## Stored data
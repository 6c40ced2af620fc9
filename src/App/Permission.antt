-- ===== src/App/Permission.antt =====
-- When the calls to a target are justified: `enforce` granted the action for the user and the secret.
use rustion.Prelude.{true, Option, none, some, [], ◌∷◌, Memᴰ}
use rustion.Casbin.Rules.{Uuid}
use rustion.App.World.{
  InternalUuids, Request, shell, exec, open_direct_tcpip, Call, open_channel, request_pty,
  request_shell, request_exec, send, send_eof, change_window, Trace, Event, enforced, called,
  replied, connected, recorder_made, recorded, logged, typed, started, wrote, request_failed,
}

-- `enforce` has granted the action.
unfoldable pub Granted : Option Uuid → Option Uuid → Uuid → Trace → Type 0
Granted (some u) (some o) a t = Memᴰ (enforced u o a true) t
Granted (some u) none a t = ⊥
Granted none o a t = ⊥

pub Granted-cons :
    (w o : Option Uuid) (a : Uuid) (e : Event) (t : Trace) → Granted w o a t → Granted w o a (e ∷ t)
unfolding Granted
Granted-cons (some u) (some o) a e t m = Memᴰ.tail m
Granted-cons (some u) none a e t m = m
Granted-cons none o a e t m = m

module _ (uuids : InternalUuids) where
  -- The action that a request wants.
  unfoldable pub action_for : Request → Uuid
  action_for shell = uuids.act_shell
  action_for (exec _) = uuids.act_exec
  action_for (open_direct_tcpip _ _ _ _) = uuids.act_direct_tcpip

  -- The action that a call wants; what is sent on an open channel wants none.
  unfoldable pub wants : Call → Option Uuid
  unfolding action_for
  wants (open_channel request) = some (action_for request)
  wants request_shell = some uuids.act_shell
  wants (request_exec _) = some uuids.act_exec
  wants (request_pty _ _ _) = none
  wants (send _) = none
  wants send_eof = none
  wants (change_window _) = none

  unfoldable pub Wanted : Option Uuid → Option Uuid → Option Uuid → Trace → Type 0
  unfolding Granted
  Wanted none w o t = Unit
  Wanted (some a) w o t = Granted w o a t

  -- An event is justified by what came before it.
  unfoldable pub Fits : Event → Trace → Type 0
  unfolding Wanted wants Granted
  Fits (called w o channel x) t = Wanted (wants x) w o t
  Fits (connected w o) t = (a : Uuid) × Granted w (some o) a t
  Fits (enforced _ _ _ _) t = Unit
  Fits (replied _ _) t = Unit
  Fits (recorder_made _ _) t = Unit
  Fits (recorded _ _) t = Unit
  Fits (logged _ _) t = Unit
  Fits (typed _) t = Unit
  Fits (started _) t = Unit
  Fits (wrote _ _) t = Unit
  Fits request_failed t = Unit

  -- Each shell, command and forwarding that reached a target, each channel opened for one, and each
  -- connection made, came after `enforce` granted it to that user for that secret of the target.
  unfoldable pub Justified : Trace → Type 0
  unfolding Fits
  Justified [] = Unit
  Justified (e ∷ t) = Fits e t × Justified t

* * *

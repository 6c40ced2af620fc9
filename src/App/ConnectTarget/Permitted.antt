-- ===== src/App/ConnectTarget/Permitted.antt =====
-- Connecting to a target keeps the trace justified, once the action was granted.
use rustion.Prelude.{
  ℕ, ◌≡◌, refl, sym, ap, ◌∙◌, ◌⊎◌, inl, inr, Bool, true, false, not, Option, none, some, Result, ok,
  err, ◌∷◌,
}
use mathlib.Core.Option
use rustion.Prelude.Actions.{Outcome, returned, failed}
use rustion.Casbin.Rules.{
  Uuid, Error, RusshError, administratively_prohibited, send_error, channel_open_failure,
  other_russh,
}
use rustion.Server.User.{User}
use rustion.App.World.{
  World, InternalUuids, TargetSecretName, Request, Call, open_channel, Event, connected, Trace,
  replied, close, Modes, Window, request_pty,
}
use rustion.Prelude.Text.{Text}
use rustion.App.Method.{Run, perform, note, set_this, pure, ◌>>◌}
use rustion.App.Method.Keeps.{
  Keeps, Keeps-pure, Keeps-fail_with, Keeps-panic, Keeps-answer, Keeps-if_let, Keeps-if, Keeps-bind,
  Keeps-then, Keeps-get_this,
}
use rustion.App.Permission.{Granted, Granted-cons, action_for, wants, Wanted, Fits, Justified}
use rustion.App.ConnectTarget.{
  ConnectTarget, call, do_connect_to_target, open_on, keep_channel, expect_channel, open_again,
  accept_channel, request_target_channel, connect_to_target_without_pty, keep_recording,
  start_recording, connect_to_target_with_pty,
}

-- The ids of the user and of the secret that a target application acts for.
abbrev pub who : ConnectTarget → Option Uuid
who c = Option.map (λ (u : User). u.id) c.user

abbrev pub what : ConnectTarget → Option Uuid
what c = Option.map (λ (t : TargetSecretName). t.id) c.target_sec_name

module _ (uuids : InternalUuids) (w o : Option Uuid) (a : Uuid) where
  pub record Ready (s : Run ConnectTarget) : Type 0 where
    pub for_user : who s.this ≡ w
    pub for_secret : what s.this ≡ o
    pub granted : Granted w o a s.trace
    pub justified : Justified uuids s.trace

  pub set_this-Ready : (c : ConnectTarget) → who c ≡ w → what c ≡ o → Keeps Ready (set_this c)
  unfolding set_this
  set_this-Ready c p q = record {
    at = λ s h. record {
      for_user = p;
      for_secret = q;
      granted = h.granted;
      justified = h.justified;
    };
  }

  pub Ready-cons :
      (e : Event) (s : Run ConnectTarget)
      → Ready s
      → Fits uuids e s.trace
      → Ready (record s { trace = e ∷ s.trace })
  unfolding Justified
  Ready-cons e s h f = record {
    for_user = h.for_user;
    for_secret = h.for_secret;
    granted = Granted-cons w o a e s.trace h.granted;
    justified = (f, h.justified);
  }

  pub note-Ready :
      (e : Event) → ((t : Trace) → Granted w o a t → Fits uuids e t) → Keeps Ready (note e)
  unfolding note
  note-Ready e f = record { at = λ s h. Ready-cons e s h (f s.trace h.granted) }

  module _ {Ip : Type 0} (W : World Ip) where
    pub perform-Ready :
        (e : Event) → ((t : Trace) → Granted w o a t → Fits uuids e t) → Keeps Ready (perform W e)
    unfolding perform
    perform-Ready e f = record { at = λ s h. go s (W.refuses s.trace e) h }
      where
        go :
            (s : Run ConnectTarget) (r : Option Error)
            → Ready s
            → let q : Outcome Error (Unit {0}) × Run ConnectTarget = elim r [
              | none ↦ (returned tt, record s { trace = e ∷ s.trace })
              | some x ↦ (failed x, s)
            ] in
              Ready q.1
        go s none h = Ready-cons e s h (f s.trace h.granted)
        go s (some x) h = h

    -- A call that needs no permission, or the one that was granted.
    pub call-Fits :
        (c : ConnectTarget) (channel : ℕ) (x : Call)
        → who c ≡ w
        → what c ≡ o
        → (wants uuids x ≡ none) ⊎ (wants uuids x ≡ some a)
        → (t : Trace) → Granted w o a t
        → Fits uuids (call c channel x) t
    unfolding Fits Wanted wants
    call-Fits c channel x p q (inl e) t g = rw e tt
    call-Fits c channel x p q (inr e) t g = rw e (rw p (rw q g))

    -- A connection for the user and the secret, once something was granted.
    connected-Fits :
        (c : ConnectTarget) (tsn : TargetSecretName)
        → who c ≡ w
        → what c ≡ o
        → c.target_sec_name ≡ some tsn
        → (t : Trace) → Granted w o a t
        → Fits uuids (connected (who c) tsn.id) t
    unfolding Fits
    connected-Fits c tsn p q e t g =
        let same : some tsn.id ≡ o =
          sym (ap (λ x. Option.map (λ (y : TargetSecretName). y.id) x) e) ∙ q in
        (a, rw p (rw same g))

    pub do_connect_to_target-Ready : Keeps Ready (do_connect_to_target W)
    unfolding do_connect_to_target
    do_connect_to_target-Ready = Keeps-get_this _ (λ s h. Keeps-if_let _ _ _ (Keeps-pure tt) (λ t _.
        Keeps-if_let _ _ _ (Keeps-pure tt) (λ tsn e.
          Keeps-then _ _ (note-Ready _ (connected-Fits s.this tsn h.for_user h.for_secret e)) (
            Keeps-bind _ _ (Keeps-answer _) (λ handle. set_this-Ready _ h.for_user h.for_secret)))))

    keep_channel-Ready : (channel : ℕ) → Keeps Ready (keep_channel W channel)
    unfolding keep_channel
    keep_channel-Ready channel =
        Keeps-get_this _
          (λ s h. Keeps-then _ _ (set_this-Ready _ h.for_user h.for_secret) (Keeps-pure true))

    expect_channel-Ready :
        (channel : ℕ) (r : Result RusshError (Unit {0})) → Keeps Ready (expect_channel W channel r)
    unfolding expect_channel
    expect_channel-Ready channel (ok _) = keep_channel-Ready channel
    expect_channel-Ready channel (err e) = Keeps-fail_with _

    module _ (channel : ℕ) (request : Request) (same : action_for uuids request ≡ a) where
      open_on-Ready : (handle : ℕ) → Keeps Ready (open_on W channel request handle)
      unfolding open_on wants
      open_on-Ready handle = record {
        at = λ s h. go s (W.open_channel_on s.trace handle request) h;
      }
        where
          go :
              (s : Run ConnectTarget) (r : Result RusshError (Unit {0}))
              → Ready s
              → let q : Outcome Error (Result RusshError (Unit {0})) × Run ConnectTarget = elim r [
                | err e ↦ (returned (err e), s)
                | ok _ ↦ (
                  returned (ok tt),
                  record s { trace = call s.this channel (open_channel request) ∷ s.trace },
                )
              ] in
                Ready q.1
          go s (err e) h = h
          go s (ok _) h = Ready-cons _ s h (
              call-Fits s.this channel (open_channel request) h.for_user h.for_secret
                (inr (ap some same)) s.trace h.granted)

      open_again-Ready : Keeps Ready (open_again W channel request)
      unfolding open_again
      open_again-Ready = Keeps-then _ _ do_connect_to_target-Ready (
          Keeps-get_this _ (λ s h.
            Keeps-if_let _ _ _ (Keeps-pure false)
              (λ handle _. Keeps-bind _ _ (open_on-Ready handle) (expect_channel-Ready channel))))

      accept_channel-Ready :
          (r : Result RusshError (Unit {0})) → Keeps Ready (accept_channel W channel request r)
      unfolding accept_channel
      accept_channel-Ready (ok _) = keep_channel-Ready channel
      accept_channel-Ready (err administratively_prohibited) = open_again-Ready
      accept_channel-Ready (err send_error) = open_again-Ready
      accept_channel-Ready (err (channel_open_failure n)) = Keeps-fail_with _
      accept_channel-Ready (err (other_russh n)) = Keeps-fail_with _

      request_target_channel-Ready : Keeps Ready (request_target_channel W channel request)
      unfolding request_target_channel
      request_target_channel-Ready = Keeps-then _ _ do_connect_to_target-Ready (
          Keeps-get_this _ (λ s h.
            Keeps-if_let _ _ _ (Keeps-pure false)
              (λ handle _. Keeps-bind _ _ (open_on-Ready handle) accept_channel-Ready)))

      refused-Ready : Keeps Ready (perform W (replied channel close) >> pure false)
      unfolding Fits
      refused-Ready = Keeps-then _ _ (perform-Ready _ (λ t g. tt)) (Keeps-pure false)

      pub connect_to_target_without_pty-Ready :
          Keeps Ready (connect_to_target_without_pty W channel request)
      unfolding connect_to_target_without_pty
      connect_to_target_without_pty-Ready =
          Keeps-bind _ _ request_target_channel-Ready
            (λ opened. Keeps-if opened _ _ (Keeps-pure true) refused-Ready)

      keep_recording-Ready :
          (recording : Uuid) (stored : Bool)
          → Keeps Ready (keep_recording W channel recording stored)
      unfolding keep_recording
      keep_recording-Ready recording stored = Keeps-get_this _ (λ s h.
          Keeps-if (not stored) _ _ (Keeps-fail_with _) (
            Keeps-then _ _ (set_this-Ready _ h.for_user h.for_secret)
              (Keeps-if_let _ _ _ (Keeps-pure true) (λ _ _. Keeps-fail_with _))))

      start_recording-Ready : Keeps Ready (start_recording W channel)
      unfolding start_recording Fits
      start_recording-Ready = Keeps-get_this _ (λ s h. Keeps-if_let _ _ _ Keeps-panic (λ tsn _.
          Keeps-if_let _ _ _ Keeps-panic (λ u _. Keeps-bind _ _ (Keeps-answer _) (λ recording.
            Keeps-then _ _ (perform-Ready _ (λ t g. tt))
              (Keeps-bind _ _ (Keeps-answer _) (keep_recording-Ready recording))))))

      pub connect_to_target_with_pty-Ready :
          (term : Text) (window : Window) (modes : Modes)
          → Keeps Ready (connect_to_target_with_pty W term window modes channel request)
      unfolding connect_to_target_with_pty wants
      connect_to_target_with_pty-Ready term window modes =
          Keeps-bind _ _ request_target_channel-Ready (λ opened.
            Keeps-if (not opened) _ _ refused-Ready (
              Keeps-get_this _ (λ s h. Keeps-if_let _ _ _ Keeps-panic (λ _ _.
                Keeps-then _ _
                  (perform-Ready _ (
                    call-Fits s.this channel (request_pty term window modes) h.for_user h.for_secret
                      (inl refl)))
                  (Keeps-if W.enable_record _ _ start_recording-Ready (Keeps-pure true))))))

## Your goal
Write down exactly the span of lines above from the one containing "module _ (uuids : InternalUuids) where" to the one containing "Justified (e ∷ t) = Fits e t × Justified t", both ends included.

## Answer area
module _ (uuids : InternalUuids) where
  -- The action that a request wants.
  unfoldable pub action_for : Request → Uuid
  action_for shell = uuids.act_shell
  action_for (exec _) = uuids.act_exec
  action_for (open_direct_tcpip _ _ _ _) = uuids.act_direct_tcpip

  -- The action that a call wants; what is sent on an open channel wants none.
  unfoldable pub wants : Call → Option Uuid
  unfolding action_for
  wants (open_channel request) = some (action_for request)
  wants request_shell = some uuids.act_shell
  wants (request_exec _) = some uuids.act_exec
  wants (request_pty _ _ _) = none
  wants (send _) = none
  wants send_eof = none
  wants (change_window _) = none

  unfoldable pub Wanted : Option Uuid → Option Uuid → Option Uuid → Trace → Type 0
  unfolding Granted
  Wanted none w o t = Unit
  Wanted (some a) w o t = Granted w o a t

  -- An event is justified by what came before it.
  unfoldable pub Fits : Event → Trace → Type 0
  unfolding Wanted wants Granted
  Fits (called w o channel x) t = Wanted (wants x) w o t
  Fits (connected w o) t = (a : Uuid) × Granted w (some o) a t
  Fits (enforced _ _ _ _) t = Unit
  Fits (replied _ _) t = Unit
  Fits (recorder_made _ _) t = Unit
  Fits (recorded _ _) t = Unit
  Fits (logged _ _) t = Unit
  Fits (typed _) t = Unit
  Fits (started _) t = Unit
  Fits (wrote _ _) t = Unit
  Fits request_failed t = Unit

  -- Each shell, command and forwarding that reached a target, each channel opened for one, and each
  -- connection made, came after `enforce` granted it to that user for that secret of the target.
  unfoldable pub Justified : Trace → Type 0
  unfolding Fits
  Justified [] = Unit
  Justified (e ∷ t) = Fits e t × Justified t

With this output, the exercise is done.